Have these sorts of billionaire outlays amounted to just an innocent deep-pocket hobby? Or something not nearly as innocuous? On the eve of this year’s Super Bowl, Inequality.org co-editor Sam Pizzigati has some answers. |
PETULANT PLUTOCRAT OF THE WEEK |
A Billionaire Pol Takes the Lead on Advancing Trump’s Drill-Baby-Drill
This week’s dour deep pocket: Doug Burgum, the wealthy former governor of North Dakota and, after his Senate confirmation last week, the Trump administration’s new U.S. secretary of the interior. What has Burgum sour: anyone who either opposes moves to make drilling on public lands easier and cheaper for America’s oil and gas corporate powers or fears easing any limits on air and water pollution.
During last year’s Trump bid for the White House, the New York Times notes, Burgum helped gather Big Oil execs for the infamous Mar-a-Lago dinner where Trump urged the assembled fossil-fuel powers to raise $1 billion for his political campaign.
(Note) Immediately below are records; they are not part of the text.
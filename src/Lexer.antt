-- ===== src/Lexer.antt =====
-- src/mellowlang/lexer.py: `lex_expr` turns one line or expression into tokens. The index `i` of the
-- source is `n - length rest` for the text `rest` that is not read yet. The proofs are below.
pub mod Progress
pub mod Positions
pub mod Strings
pub mod Values
pub mod Ascii
pub mod Lengths
mod Tests
use mellow_programming_langu.Prelude.{
  ℕ, zero, suc, ◌+◌, ◌-◌, ◌*◌, ◌≡◌, Bool, true, false, not, ◌&&◌, ◌||◌, Option, none, some, List,
  [], ◌∷◌, ◌++◌, map, leb, ◌==◌, if◌then◌else◌, length, take, drop,
}
use mellow_programming_langu.Text.{Text, codes, is_space, is_empty, is_one_of, text_eq}

-- Python's tables of character classes and lower case, which the source takes from the Unicode
-- database, with what the lexer relies on: a digit, a letter or an
-- alphanumeric character is no white space.
pub record Unicode : Type 0 where
  pub is_digit : ℕ → Bool
  pub is_alpha : ℕ → Bool
  pub is_alnum : ℕ → Bool
  pub lower : Text → Text
  pub digit_solid : (c : ℕ) → is_digit c ≡ true → is_space c ≡ false
  pub alpha_solid : (c : ℕ) → is_alpha c ≡ true → is_space c ≡ false
  pub alnum_solid : (c : ℕ) → is_alnum c ≡ true → is_space c ≡ false

pub data TokenType : Type 0 where
  fstring_tok string_tok number_tok keyword_tok ident_tok op_tok symbol_tok eof_tok : TokenType

pub record Token : Type 0 where
  pub type : TokenType
  pub value : Text
  pub pos : ℕ
  pub line : ℕ
  pub col : ℕ

abbrev pub backslash : ℕ
backslash = b'\\'

abbrev pub underscore : ℕ
underscore = b'_'

abbrev pub keywords : List Text
keywords = map codes (
    "keep" ∷ "show" ∷ "precision" ∷ "check" ∷ "also" ∷ "else" ∷ "loop" ∷ "skill" ∷ "return" ∷ "stop"
    ∷ "wait" ∷ "save" ∷ "load" ∷ "into" ∷ "put" ∷ "in" ∷ "and" ∷ "or" ∷ "not" ∷ "true" ∷ "false"
    ∷ "none" ∷ "null" ∷ "try" ∷ "catch" ∷ "finally" ∷ "repeat" ∷ "until" ∷ "break" ∷ "continue"
    ∷ "import" ∷ "on" ∷ "do" ∷ "let" ∷ "var" ∷ "def" ∷ "fn" ∷ "function" ∷ "print" ∷ "input" ∷ "if"
    ∷ "elif" ∷ "while" ∷ "for" ∷ "get" ∷ "call" ∷ [])

unfoldable pub is_member : Text → List Text → Bool
unfolding text_eq
is_member w [] = false
is_member w (k ∷ ks) = text_eq w k || is_member w ks

-- `src[i:i+2] in TWO_CHAR`, at `c` and the character `d` behind it
pub is_two_char : ℕ → ℕ → Bool
is_two_char c d =
    c == b'=' && d == b'='
    || c == b'!' && d == b'='
    || c == b'>' && d == b'='
    || c == b'<' && d == b'='
    || c == b'*' && d == b'*'

unfoldable pub is_quote : ℕ → Bool
is_quote c = c == b'"' || c == b'\''

-- What the character behind a backslash stands for; any other character stands for itself.
unfoldable pub escaped : ℕ → ℕ
escaped e = if e == b'n' then 10 else if e == b't' then 9 else if e == b'r' then 13 else e

is_hex : ℕ → Bool
unfolding is_one_of
is_hex c = is_one_of (codes "0123456789abcdefABCDEF") c

hex_value : ℕ → ℕ
hex_value c = if leb c b'9' then c - b'0' else if leb c b'F' then c - b'A' + 10 else c - b'a' + 10

-- `chr(int(hex4, 16))`
hex4 : ℕ → ℕ → ℕ → ℕ → ℕ
unfolding hex_value
hex4 a b c d = ((hex_value a * 16 + hex_value b) * 16 + hex_value c) * 16 + hex_value d

-- An escape, at the text behind its backslash: the character, and the number of characters read.
unfoldable pub string_escape : Text → ℕ × ℕ
unfolding escaped is_hex hex4
string_escape [] = (backslash, 0)
string_escape (e ∷ a ∷ b ∷ c ∷ d ∷ s) =
    if e == b'u' && (is_hex a && (is_hex b && (is_hex c && is_hex d)))
    then (hex4 a b c d, 5)
    else (escaped e, 1)
string_escape (e ∷ s) = (escaped e, 1)

-- In an f-string `\u` is no escape of its own.
unfoldable pub fstring_escape : Text → ℕ × ℕ
unfolding escaped
fstring_escape [] = (backslash, 0)
fstring_escape (e ∷ s) = (escaped e, 1)

-- The loop over the body of a literal behind its opening quote: the value, and the text behind the
-- closing quote. `skip` counts the characters of an escape that is read already.
unfoldable pub literal_body : (Text → ℕ × ℕ) → ℕ → Text → ℕ → Text → Text × Text
literal_body escape quote buf skip [] = (buf, [])
literal_body escape quote buf (suc skip) (c ∷ s) = literal_body escape quote buf skip s
literal_body escape quote buf zero (c ∷ s) =
    let after_escape = literal_body escape quote (buf ++ (escape s).0 ∷ []) (escape s).1 s in
    let next = literal_body escape quote (buf ++ c ∷ []) 0 s in
    if c == backslash && not (is_empty s)
    then after_escape
    else if c == quote
    then (buf, s)
    else next

module _ (u : Unicode) where
  -- The length of the number literal at the head of the text; a second dot ends it.
  pub number_length : Bool → Text → ℕ
  number_length has_dot [] = 0
  number_length has_dot (c ∷ s) =
      let dot = number_length true s in
      let digit = number_length has_dot s in
      if c == b'.' then (if has_dot then 0 else 1 + dot) else if u.is_digit c then 1 + digit else 0

  pub word_length : Text → ℕ
  word_length [] = 0
  word_length (c ∷ s) =
      let rest = word_length s in if u.is_alnum c || c == underscore then 1 + rest else 0

  -- `src[i+1].isdigit()` for `src[i+1:]`
  pub starts_with_digit : Text → Bool
  starts_with_digit [] = false
  starts_with_digit (c ∷ s) = u.is_digit c

  pub starts_with_quote : Text → Bool
  unfolding is_quote
  starts_with_quote [] = false
  starts_with_quote (c ∷ s) = is_quote c

  pub head_or_zero : Text → ℕ
  head_or_zero [] = 0
  head_or_zero (c ∷ s) = c

  pub is_op : ℕ → Text → Bool
  unfolding is_two_char
  is_op c [] = false
  is_op c (d ∷ s) = is_two_char c d

  pub word_type : Text → TokenType
  unfolding is_member
  word_type text = if is_member (u.lower text) keywords then keyword_tok else ident_tok

  -- One round of the loop at the character `c` before `s`: the token, unless the character is white
  -- space, and the text behind it.
  unfoldable pub next_token : ℕ → Text → Option (TokenType × Text) × Text
  unfolding number_length word_length starts_with_digit starts_with_quote head_or_zero is_op
      word_type
  next_token c s =
      let lit = literal_body fstring_escape (head_or_zero s) [] 0 (drop 1 s) in
      let str = literal_body string_escape c [] 0 s in
      let n = number_length false (c ∷ s) in
      let w = suc (word_length s) in
      if is_space c
      then (none, s)
      else if (c == b'f' || c == b'F') && starts_with_quote s
      then (some (fstring_tok, lit.0), lit.1)
      else if is_quote c
      then (some (string_tok, str.0), str.1)
      else if u.is_digit c || c == b'.' && starts_with_digit s
      then (some (number_tok, take n (c ∷ s)), drop n (c ∷ s))
      else if u.is_alpha c || c == underscore
      then (some (word_type (take w (c ∷ s)), take w (c ∷ s)), drop w (c ∷ s))
      else if is_op c s
      then (some (op_tok, take 2 (c ∷ s)), drop 2 (c ∷ s))
      else (some (symbol_tok, c ∷ []), s)

  -- `_tok`, at the text that is not read when the token starts
  unfoldable pub token_at : ℕ → ℕ → ℕ → TokenType → Text → Text → Token
  token_at n line base_col type value rest = record {
    type = type;
    value = value;
    pos = n - length rest;
    line = line;
    col = base_col + (n - length rest);
  }

  -- The tokens of the source from `rest` on, given what one round finds and the tokens behind it.
  pub with_token :
      ℕ → ℕ → ℕ → Text → Option (TokenType × Text) → Option (List Token) → Option (List Token)
  with_token n line base_col rest none tokens = tokens
  with_token n line base_col rest (some t) none = none
  with_token n line base_col rest (some (type, value)) (some ts) =
      some (token_at n line base_col type value rest ∷ ts)

  -- The main loop; `none` is fuel that ran out.
  pub lex_loop : ℕ → ℕ → ℕ → ℕ → Text → Option (List Token)
  unfolding with_token
  lex_loop zero n line base_col rest = none
  lex_loop (suc fuel) n line base_col [] = some (token_at n line base_col eof_tok [] [] ∷ [])
  lex_loop (suc fuel) n line base_col (c ∷ s) =
      with_token n line base_col (c ∷ s) (next_token c s).0
        (lex_loop fuel n line base_col (next_token c s).1)

  unfoldable pub lex_expr : Text → ℕ → ℕ → Option (List Token)
  unfolding lex_loop
  lex_expr src line base_col = lex_loop (suc (length src)) (length src) line base_col src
At Burgum’s confirmation hearing, the former Microsoft exec said he would cut incentives for “intermittent” power efforts like wind and solar projects.
The last word: “It’s alarming that so many Senate Democrats were duped into voting for an oligarch who is now charged with stewarding the nation’s public lands and wildlife,” the Center for Biological Diversity’s Kierán Suckling noted after Burgum’s confirmation. “If Democrats want to know why so many people are disillusioned, they need to look no further than this vote.”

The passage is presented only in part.